JAKARTA - The Financial System Stability Committee (KSSK) estimates that Indonesia's economic growth in 2024 will continue to grow 5 percent to 5.2 percent.

This is based on the results of the 2024 KSSK Coordination Meeting which has been carried out consisting of the Ministry of Finance (Kemenkeu), Bank Indonesia (BI), the Financial Services Authority (OJK), and the Deposit Insurance Corporation (LPS).

"We estimate that Indonesia's economic development for 2024 is still at 5 percent-5.2 percent," said Finance Minister Sri Mulyani Indrawati at the KSSK III Periodic Meeting Results Press Conference in 2024, Friday, August 02.

Sri Mulyani said that the largest driving factor from the Indonesian economy comes from household consumption and investment and estimates that in 2024 it will still be a factor that makes a good contribution.

"We all know that consumption is still well maintained and investments are starting to pick up," he said.

In addition, Sri Mulyani estimates that in the second quarter of 2004 the export value will still increase, thereby increasing the surplus on Indonesia's trade balance. The increase was driven by exports of manufacturing and mining production.

"Our exports for goods are expected to increase, especially in the second quarter of 2024, for exports of manufacturing production and mining exports," he said.

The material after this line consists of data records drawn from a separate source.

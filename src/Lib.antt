-- ===== src/Lib.antt =====
-- netflix-pbrd routes the traffic of Netflix by policy: a DNS proxy learns the addresses of Netflix
-- names, a daemon merges them with the networks of its controller and its agents, persists them, and
-- has drivers apply them to the machine. No DNS answer is to be handed out before its addresses are
-- in force.
--
-- The model is a shallow embedding of the Go code:
-- - Text.antt and Net.antt: what the code uses of `strings` and `net` (Go 1.22), on texts as lists of
--   bytes; Text/ and Net/ hold the lemmas.
-- - Networks.antt: internal/pbr/networks.go. `canonical_network` is CanonicalNetwork, `merge` Merge,
--   `validate_networks` ValidateNetworks, `state_content` and `scan_lines` what SaveState and LoadState
--   do between a set and a file. Networks/ holds one file per subject of the theorems.
-- - Config.antt: the structs of internal/pbr/config.go and the intervals; Config/Load.antt: LoadConfig
--   behind the JSON decoder, one check after another.
-- - System.antt: files, the clock and HTTP as an interface over a world; Status.antt:
--   internal/pbr/status.go; Runner.antt: internal/pbr/runner.go, the interface and ExecRunner over
--   processes.
-- - Runtime/Daemon.antt: internal/pbr/runtime.go, the record Runtime and its operations `learn`, `sync`,
--   `reconcile`, `accept_report` and `new_runtime`, as functions that pass the state and the world on
--   and may fail; a failed operation keeps the state it reached. Runtime/Server.antt: the handler of
--   the API, as a function of a request; Runtime/Running.antt: Run, with the number of its ticks
--   given. Runtime/Evidence.antt is an interface of what a world may show of the daemon's acts, and
--   Runtime/History.antt fills it with a host that also writes a history: which driver has run with
--   which networks, and which request was answered with which status. The other files of Runtime/ hold
--   theorems, by subject.
-- - Dns.antt: internal/pbr/dns_proxy.go, from names to what an answer teaches; Dns/Serving.antt:
--   ServeDNS, where the proxy meets the daemon: its learner is `learn`; Dns/Exchange.antt: how a query goes
--   to the upstream server, with the subnet of the client in one of the OPT records of its additional
--   section.
-- - Drivers.antt: internal/pbr/drivers.go, over the interface of the runner. Drivers/Commands.antt: the
--   helpers; Drivers/Rules.antt: the scan of the kernel's rules and the rule that the edge owns;
--   Drivers/Edge.antt, Drivers/Exit.antt and Drivers/OpenWrt.antt: the drivers wg-route and linux-edge,
--   linux-exit and nft-exit, and openwrt-pbr; Drivers/Dispatch.antt: applyNetworks and
--   reapplyNetworks, which fill the interface that the daemon calls. For theorems on the order of
--   commands a driver runs on `journaled` (Drivers/Journal.antt), a runner that also writes down what it
--   was asked; the world and the answers stay arbitrary. Operations/CleanupOrder.antt has one that writes
--   down how a command failed. Drivers/RuleTable.antt states what `ip` is
--   documented to do to the kernel's rules. Drivers/Enforced.antt puts the drivers, over `journaled`,
--   into the daemon.
-- - Operations.antt: internal/pbr/operations.go and internal/pbr/install.go over the record `Machine` of
--   what they ask of the system (Operations/Machine.antt). Operations/Doctor.antt: Doctor;
--   Operations/Smoke.antt: SmokeTest, which fills its result step by step; Operations/Cleanup.antt:
--   Cleanup; Operations/Uninstall.antt: Uninstall; Operations/Install.antt: InstallSelf;
--   Operations/Generate.antt: internal/pbr/generate.go.
-- - Tests/ runs the model on concrete data.
--
-- What the daemon does under `syncMu` is one step, the record of an error behind the unlock is one of
-- its own, and an execution is a sequence of steps (Runtime/Reports.antt).
--
-- The loop of `inspect` is recursion on fuel, one more than there are records: every pass but the
-- last trusts the target of a record that was not trusted before.
--
-- The wait for a stopped process is recursion on fuel, 51 rounds: a round sleeps 100 ms of a deadline of
-- 5 s (Operations/Waiting.antt).
--
-- Parameters: the world of files, clock and HTTP; for the daemon the drivers, and for ServeDNS the
-- exchange with the upstream server; the clients of DNS, and which OPT
-- record IsEdns0 finds; random bytes; JSON (a payload is what it decodes to); processes;
-- users, removal and copies of files; time.ParseDuration, url.Parse, net.SplitHostPort, strconv.ParseUint
-- and strconv.Atoi; the text of an error; the lower case of a text with a byte outside ASCII.
-- Times are nanoseconds, 0 for Go's zero time. The limit on networks is not negative. Lines of state
-- files are below the 64 KiB of bufio.Scanner.
--
-- A process id is a natural number. The modes of directories and of the files that `ioutil.WriteFile`
-- writes are not modelled.
--
-- Not modelled: the clients of DNS and HTTP, their certificates and the listeners, which the code
-- sets up from libraries; the goroutines beside Run and its ticker; the command line.
pub mod Base
pub mod Text
pub mod Net
pub mod Networks
pub mod Config
pub mod Runner
pub mod System
pub mod Status
pub mod Runtime
pub mod Drivers
pub mod Operations
pub mod Dns
pub mod Tests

According to Sri Mulyani, exports of goods increased in the second quarter of 2024, driven by exports of Indonesia's main trading partnership, namely China and India. Because India currently has healthy and relatively high economic growth.

"In the future, we see an increase in domestic economic activity will continue until the end of 2024," he added.

Sri Mulyani conveyed that from the fiscal policy, the implementation of the 2024 State Budget, especially in terms of government spending, will be focused on maintaining price stability because it determines people's purchasing power because the consumption sector is a driving factor in economic growth.

In addition, Sri Mulyani said that the government will continue to run social protection programs, especially for vulnerable communities, hoping that the impact on people's purchasing power and consumption can be maintained.

"From the fiscal side, we also see that at the end of the year there will be simultaneous regional elections, namely in November 2024, the same as the election cycle in February. In November 2024, this will certainly have a positive impact on shopping activities, in addition to spending on the implementation of regional elections and that the number is almost comprehensive with the election", he explained.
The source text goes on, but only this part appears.